Problem: From the entries that follow, copy every line with the word "array".

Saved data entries
--------------------------------
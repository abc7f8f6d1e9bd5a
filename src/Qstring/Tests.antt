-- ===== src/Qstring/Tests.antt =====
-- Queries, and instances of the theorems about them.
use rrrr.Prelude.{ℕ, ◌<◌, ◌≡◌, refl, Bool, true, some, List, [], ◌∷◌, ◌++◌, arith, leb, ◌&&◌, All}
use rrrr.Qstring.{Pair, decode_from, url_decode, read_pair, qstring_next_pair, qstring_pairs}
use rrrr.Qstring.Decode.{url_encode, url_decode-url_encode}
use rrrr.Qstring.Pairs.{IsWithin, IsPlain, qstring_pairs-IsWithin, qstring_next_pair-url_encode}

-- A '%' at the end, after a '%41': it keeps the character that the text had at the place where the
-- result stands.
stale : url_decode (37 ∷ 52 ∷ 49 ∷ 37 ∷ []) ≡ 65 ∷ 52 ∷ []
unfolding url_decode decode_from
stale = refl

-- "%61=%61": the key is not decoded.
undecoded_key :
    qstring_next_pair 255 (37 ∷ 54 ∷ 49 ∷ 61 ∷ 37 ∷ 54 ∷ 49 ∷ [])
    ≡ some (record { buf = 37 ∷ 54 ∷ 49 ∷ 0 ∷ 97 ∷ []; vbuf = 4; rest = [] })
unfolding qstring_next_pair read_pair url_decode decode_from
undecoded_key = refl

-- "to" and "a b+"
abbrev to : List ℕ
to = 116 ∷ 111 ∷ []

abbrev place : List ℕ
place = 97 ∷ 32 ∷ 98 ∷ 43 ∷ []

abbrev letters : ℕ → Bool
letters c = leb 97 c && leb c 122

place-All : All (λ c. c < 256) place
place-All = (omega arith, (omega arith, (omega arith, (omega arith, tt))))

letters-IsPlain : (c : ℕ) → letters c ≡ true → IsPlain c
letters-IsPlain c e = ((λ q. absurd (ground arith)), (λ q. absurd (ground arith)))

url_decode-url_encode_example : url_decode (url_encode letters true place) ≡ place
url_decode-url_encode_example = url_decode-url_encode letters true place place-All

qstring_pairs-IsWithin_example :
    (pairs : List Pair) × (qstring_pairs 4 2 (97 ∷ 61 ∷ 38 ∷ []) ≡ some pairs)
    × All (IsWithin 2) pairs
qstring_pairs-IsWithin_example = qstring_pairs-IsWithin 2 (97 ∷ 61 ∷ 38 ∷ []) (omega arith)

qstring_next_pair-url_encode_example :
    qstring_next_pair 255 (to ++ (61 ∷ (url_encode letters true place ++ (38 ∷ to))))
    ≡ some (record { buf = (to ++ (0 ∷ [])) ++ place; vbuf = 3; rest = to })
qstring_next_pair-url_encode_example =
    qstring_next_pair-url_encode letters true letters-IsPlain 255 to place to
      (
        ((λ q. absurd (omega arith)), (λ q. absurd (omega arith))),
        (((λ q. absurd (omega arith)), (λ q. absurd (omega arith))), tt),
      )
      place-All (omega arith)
--------------------------------
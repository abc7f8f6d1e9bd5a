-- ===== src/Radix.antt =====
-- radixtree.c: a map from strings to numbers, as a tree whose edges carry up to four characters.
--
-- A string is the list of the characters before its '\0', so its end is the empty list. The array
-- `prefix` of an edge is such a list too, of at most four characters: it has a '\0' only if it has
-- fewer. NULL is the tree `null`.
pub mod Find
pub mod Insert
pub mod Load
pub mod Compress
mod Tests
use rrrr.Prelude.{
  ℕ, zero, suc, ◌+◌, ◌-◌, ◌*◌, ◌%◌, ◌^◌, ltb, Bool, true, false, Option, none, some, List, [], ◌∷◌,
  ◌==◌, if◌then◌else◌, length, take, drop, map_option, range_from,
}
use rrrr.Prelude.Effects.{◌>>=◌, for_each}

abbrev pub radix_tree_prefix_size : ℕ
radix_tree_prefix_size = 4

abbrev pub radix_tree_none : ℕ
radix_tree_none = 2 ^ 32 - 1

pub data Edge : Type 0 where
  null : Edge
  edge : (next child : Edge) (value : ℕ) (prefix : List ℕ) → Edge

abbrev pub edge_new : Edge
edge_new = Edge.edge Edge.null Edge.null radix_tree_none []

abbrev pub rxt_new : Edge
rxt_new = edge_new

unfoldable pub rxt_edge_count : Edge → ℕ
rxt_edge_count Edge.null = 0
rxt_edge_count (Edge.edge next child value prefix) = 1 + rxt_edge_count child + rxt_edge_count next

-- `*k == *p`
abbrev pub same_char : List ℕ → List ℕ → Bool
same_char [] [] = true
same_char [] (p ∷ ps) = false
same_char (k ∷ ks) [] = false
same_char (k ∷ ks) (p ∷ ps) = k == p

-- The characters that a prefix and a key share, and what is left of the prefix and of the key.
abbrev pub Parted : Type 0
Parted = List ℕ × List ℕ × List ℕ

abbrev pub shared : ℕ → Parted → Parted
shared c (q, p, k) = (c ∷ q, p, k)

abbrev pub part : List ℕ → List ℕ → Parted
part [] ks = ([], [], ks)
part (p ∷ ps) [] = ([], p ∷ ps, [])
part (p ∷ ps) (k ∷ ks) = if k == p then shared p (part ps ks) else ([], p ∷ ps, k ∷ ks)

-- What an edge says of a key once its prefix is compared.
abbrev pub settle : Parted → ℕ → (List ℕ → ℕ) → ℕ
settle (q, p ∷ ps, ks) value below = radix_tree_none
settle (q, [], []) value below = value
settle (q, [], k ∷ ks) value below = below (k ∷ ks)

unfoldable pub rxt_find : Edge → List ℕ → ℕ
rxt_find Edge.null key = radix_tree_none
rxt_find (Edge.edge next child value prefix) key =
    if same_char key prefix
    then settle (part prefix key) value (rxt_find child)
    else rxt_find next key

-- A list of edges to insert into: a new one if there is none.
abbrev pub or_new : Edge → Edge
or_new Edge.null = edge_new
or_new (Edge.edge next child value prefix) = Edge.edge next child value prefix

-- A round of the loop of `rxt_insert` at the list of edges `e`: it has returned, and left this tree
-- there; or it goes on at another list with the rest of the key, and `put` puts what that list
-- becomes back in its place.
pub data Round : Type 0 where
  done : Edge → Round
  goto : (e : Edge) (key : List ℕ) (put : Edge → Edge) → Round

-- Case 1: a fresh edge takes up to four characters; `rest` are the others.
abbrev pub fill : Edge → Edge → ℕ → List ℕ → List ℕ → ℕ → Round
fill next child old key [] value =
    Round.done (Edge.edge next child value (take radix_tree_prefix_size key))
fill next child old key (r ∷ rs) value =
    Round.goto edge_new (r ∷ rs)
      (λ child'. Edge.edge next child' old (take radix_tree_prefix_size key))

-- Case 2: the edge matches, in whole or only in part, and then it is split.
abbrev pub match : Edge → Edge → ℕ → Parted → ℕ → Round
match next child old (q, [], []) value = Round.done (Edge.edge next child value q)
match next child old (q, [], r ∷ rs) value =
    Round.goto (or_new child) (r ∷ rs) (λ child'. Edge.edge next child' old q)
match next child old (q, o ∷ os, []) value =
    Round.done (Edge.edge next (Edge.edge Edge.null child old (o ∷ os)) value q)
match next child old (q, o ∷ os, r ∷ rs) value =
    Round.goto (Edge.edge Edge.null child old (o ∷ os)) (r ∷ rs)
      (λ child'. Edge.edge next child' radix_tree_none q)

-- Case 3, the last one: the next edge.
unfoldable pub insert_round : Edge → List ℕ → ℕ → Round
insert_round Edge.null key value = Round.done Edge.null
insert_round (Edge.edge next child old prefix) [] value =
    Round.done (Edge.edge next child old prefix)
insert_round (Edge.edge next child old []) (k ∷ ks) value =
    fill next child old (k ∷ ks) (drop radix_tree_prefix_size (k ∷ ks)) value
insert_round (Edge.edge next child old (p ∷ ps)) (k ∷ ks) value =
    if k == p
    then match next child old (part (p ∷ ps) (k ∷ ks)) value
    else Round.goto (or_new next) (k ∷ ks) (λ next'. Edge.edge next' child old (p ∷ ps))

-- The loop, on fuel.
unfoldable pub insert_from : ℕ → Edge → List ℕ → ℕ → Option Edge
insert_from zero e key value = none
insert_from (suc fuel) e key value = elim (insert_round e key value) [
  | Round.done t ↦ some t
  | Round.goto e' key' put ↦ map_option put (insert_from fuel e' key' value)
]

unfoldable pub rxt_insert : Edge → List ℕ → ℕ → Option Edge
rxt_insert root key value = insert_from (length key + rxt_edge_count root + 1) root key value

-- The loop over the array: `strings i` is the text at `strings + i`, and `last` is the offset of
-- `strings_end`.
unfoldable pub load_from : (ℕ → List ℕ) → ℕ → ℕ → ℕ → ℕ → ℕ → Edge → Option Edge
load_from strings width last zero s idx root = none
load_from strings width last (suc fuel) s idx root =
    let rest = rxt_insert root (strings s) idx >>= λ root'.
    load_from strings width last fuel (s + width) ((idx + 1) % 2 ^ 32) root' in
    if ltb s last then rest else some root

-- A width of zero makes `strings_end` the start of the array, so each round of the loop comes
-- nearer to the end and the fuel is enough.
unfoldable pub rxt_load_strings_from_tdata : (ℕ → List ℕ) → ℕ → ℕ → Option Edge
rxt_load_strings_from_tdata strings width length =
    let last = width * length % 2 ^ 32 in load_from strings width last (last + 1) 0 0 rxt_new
--------------------------------
Answer area:
-- A string is the list of the characters before its '\0', so its end is the empty list. The array
-- The loop over the array: `strings i` is the text at `strings + i`, and `last` is the offset of
-- A width of zero makes `strings_end` the start of the array, so each round of the loop comes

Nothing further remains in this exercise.